On stage, Vilray and Price share a mic and Vilray plays guitar. In the studio, they expanded their sound with the help of keyboardist Bermiss, bassist Tony Scherr, drummer Jason Burger, and a horn section arranged by their friend Jacob Rex Zimmerman. Dan Knobler, who’d been behind the board for Lake Street Dive’s Free Yourself Up, came on as producer and engineer. After a day of rehearsal, the players gathered at the relatively small Figure 8 in Brooklyn for what would be a week of basically live-in-in-the-studio sessions.
“A hat tip is deserved in the direction of Dan Knobler, the producer,” notes Vilray. “It was his vision to have it largely a live recording. We didn’t only have a rhythm section or a horn section in the room; we were all together recording, nobody in a booth. That’s a dangerous way to play—you can’t say, ‘Let’s take out the drums and re-record ‘em.’ But it lends itself to a classic energy that’s absent on a lot of jazz and pop recordings these days because it’s safer to do it the other way, where you lay down a guitar track, a basic vocal, and build around it.

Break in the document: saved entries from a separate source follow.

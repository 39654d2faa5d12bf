-- ===== src/Routing/Fallback.antt =====
-- internal/routing/routing.go, RouteMultiple: its result, fallback included, while other calls may
-- change the registry between its reads.
use netweave.Common.{
  ℕ, suc, ◌≡◌, ◌≢◌, refl, sym, subst, ◌⊎◌, inl, inr, Bool, true, false, not, ◌&&◌, Option, some,
  List, [], ◌∷◌, arith, Among, Map, lookup, insert, ok, Bool-cases, Option-cases, String-cases,
}
use netweave.DmsRegistry.{Adapter, DmsRegistry}
use netweave.Routing.{
  Rule, Context, Router, Moments, applies_at, marked, collect, collect_matching_adapters,
  add_default_adapter, is_empty, route_multiple, is_adapter_valid,
}

-- Of the rule with that number: it is enabled, it matches and its adapter is valid at the reads of
-- the code; and this is what is registered under its adapter name when the code fetches it. It is
-- nil only if the adapter was registered at the check and is not any more.
abbrev pub IsFetched : Moments → ℕ → Context → Rule → Option Adapter → Type 0
IsFetched m i ctx rule a =
    (applies_at m i ctx rule ≡ true)
    × (a ≡ lookup rule.adapter_name (m.at_fetch i).plugins)
    × ((p : Adapter) × (lookup rule.adapter_name (m.at_check i).plugins ≡ some p))

-- So is it for one of the rules, which are numbered from `i`.
abbrev pub IsRouted : Moments → ℕ → Context → List Rule → Option Adapter → Type 0
IsRouted m i ctx [] a = ⊥
IsRouted m i ctx (rule ∷ rules) a = IsFetched m i ctx rule a ⊎ IsRouted m (suc i) ctx rules a

abbrev pub NoneApplies : Moments → ℕ → Context → List Rule → Type 0
NoneApplies m i ctx [] = Unit
NoneApplies m i ctx (rule ∷ rules) =
    (applies_at m i ctx rule ≡ false) × NoneApplies m (suc i) ctx rules

-- No rule applies, and the adapter is the registered default one.
abbrev pub IsFallback : Moments → Context → Router → Option Adapter → Type 0
IsFallback m ctx r a =
    NoneApplies m 0 ctx r.rules
    × (r.fallback_enabled ≡ true)
    × (m.at_default.default_plugin ≢ "")
    × ((p : Adapter) × (a ≡ some p)
        × (lookup m.at_default.default_plugin m.at_default.plugins ≡ some p))

applies-IsFetched :
    (m : Moments) (i : ℕ) (ctx : Context) (rule : Rule)
    → applies_at m i ctx rule ≡ true
    → IsFetched m i ctx rule (lookup rule.adapter_name (m.at_fetch i).plugins)
unfolding is_adapter_valid
applies-IsFetched m i ctx rule h = (
  h,
  refl,
  elim (Option-cases (lookup rule.adapter_name (m.at_check i).plugins)) [
    | inl e ↦ absurd (ground arith)
    | inr there ↦ there
  ],
)

collect-IsRouted :
    (m : Moments) (i : ℕ) (ctx : Context) (rules : List Rule) (seen : Map Bool) (a : Option Adapter)
    → Among a (collect m i ctx rules seen)
    → IsRouted m i ctx rules a
unfolding collect
collect-IsRouted m i ctx [] seen a h = h
collect-IsRouted m i ctx (rule ∷ rules) seen a h =
    let taken = collect m (suc i) ctx rules (insert rule.adapter_name true seen) in
    let fetched = lookup rule.adapter_name (m.at_fetch i).plugins in
    elim (Bool-cases (not (marked rule.adapter_name seen) && applies_at m i ctx rule)) [
      | inr e ↦
          let later : Among a (collect m (suc i) ctx rules seen) = rw e at h in
          inr (collect-IsRouted m (suc i) ctx rules seen a later)
      | inl e ↦
          let cases : Among a (fetched ∷ taken) = rw e at h in
          elim cases [
            | inl same ↦ inl (
                subst (IsFetched m i ctx rule) same (applies-IsFetched m i ctx rule (ground arith)))
            | inr later ↦
                inr (
                  collect-IsRouted m (suc i) ctx rules (insert rule.adapter_name true seen) a later)
          ]
    ]

collect-NoneApplies :
    (m : Moments) (i : ℕ) (ctx : Context) (rules : List Rule)
    → is_empty (collect m i ctx rules []) ≡ true
    → NoneApplies m i ctx rules
unfolding collect is_empty lookup
collect-NoneApplies m i ctx [] h = tt
collect-NoneApplies m i ctx (rule ∷ rules) h = elim (Bool-cases (applies_at m i ctx rule)) [
  | inl e ↦ absurd (ground arith)
  | inr e ↦ (e, collect-NoneApplies m (suc i) ctx rules (ground arith))
]

default-there :
    (reg : DmsRegistry) (a : Option Adapter)
    → Among a (add_default_adapter reg)
    → (reg.default_plugin ≢ "")
      × ((p : Adapter) × (a ≡ some p) × (lookup reg.default_plugin reg.plugins ≡ some p))
unfolding add_default_adapter
default-there reg a m = elim (Option-cases (lookup reg.default_plugin reg.plugins)) [
  | inl e ↦ absurd (rw (e, add_default_adapter) at m)
  | inr (p, e) ↦ elim (String-cases reg.default_plugin "") [
    | inl (b, _) ↦ absurd (rw (e, b, add_default_adapter) at m)
    | inr (b, other) ↦
        let one : Among a (some p ∷ []) = rw (e, b, add_default_adapter) at m in
        elim one [ inl same ↦ (other, (p, sym same, e)) | inr other_one ↦ absurd other_one ]
  ]
]

-- Other calls may change the registry between the reads of route_multiple. Each entry that it
-- returns is what is registered, at the time it is fetched, under the adapter name of a rule that
-- is enabled, matches and has a valid adapter at the time of its checks; or no such rule exists, the
-- fallback is enabled and the entry is the registered default. So an entry is nil only if its
-- adapter was registered at the check and is not any more when it is fetched.
pub route_multiple_sound :
    (m : Moments) (r : Router) (ctx : Context) (found : List (Option Adapter)) (a : Option Adapter)
    → route_multiple m r ctx ≡ ok found
    → Among a found
    → IsRouted m 0 ctx r.rules a ⊎ IsFallback m ctx r a
unfolding route_multiple collect_matching_adapters
route_multiple_sound m r ctx found a h there =
    let collected = collect m 0 ctx r.rules [] in
    elim (Bool-cases (is_empty collected && r.fallback_enabled)) [
      | inr b ↦
          let same : collected ≡ found = ground arith in
          inl (collect-IsRouted m 0 ctx r.rules [] a (subst (Among a) (sym same) there))
      | inl b ↦
          let same : add_default_adapter m.at_default ≡ found = ground arith in
          let d = default-there m.at_default a (subst (Among a) (sym same) there) in
          inr (collect-NoneApplies m 0 ctx r.rules (ground arith), ground arith, d.0, d.1)
    ]
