-- ===== src/Routing/Insertion.antt =====
-- Sorting by insertion, an instance of what the router asks of `sort.Slice`.
use netweave.Common.{◌≡◌, Bool, false, List, [], ◌∷◌, if◌then◌else◌, All, Bool-cases, inl, inr}
use netweave.Routing.Rules.{
  IsWeakOrder, IsSorted, Rearranges, none_left, keep, exchange, chain, Sorter,
}

module _ {A : Type 0} (less : A → A → Bool) where
  put : A → List A → List A
  put x [] = x ∷ []
  put x (y ∷ ys) = let later = put x ys in if less y x then y ∷ later else x ∷ y ∷ ys

  pub arrange : List A → List A
  arrange [] = []
  arrange (x ∷ xs) = put x (arrange xs)

  same_elements : (xs : List A) → Rearranges xs xs
  same_elements [] = none_left
  same_elements (x ∷ xs) = keep (same_elements xs)

  put-Rearranges : (x : A) (ys : List A) → Rearranges (put x ys) (x ∷ ys)
  unfolding put
  put-Rearranges x [] = same_elements (x ∷ [])
  put-Rearranges x (y ∷ ys) = elim (Bool-cases (less y x)) [
    | inl b ↦ rw b (chain (keep (put-Rearranges x ys)) exchange)
    | inr b ↦ rw b (same_elements (x ∷ y ∷ ys))
  ]

  pub arrange-Rearranges : (xs : List A) → Rearranges (arrange xs) xs
  unfolding arrange
  arrange-Rearranges [] = none_left
  arrange-Rearranges (x ∷ xs) = chain (put-Rearranges x (arrange xs)) (keep (arrange-Rearranges xs))

  All-put : (P : A → Type 0) (x : A) (ys : List A) → P x → All P ys → All P (put x ys)
  unfolding put
  All-put P x [] p h = (p, tt)
  All-put P x (y ∷ ys) p (q, h) = elim (Bool-cases (less y x)) [
    | inl b ↦ rw b (q, All-put P x ys p h)
    | inr b ↦ rw b (p, (q, h))
  ]

  All-below :
      IsWeakOrder less
      → (x y : A) (ys : List A) → less y x ≡ false
      → All (λ z. less z y ≡ false) ys
      → All (λ z. less z x ≡ false) ys
  All-below w x y [] b h = tt
  All-below w x y (z ∷ ys) b (c, h) = (w.1 z y x c b, All-below w x y ys b h)

  put-IsSorted :
      IsWeakOrder less → (x : A) (ys : List A) → IsSorted less ys → IsSorted less (put x ys)
  unfolding put
  put-IsSorted w x [] h = (tt, tt)
  put-IsSorted w x (y ∷ ys) (h, hs) = elim (Bool-cases (less y x)) [
    | inl b ↦ rw b (All-put (λ z. less z y ≡ false) x ys (w.0 y x b) h, put-IsSorted w x ys hs)
    | inr b ↦ rw b ((b, All-below w x y ys b h), (h, hs))
  ]

  pub arrange-IsSorted : IsWeakOrder less → (xs : List A) → IsSorted less (arrange xs)
  unfolding arrange
  arrange-IsSorted w [] = tt
  arrange-IsSorted w (x ∷ xs) = put-IsSorted w x (arrange xs) (arrange-IsSorted w xs)

abbrev pub insertion : Sorter
insertion = record {
  sort_slice = λ less xs. arrange less xs;
  permutes = λ less xs. arrange-Rearranges less xs;
  sorts = λ less xs w. arrange-IsSorted less w xs;
}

As a result, for example, a song like ‘At Your Mother’s House’ sounds like an early Louis Jordan rock and roll-jazz hybrid thing. There’s an intimate energy to the record that’s largely thanks to Dan and Jacob, who wrote all the horn parts so authentically. “
“There’s probably a few more instruments present than you may realize,” adds Price. “And that’s because of the way it’s recorded. Besides the vocals, nothing is that in your face, it’s just there lightly supporting. And that’s a lot about what this recording is about. Dan captured that really well.”
With Rachael & Vilray, the duo adds a new chapter to the American Songbook, an opportunity to hear tomorrow’s standards today.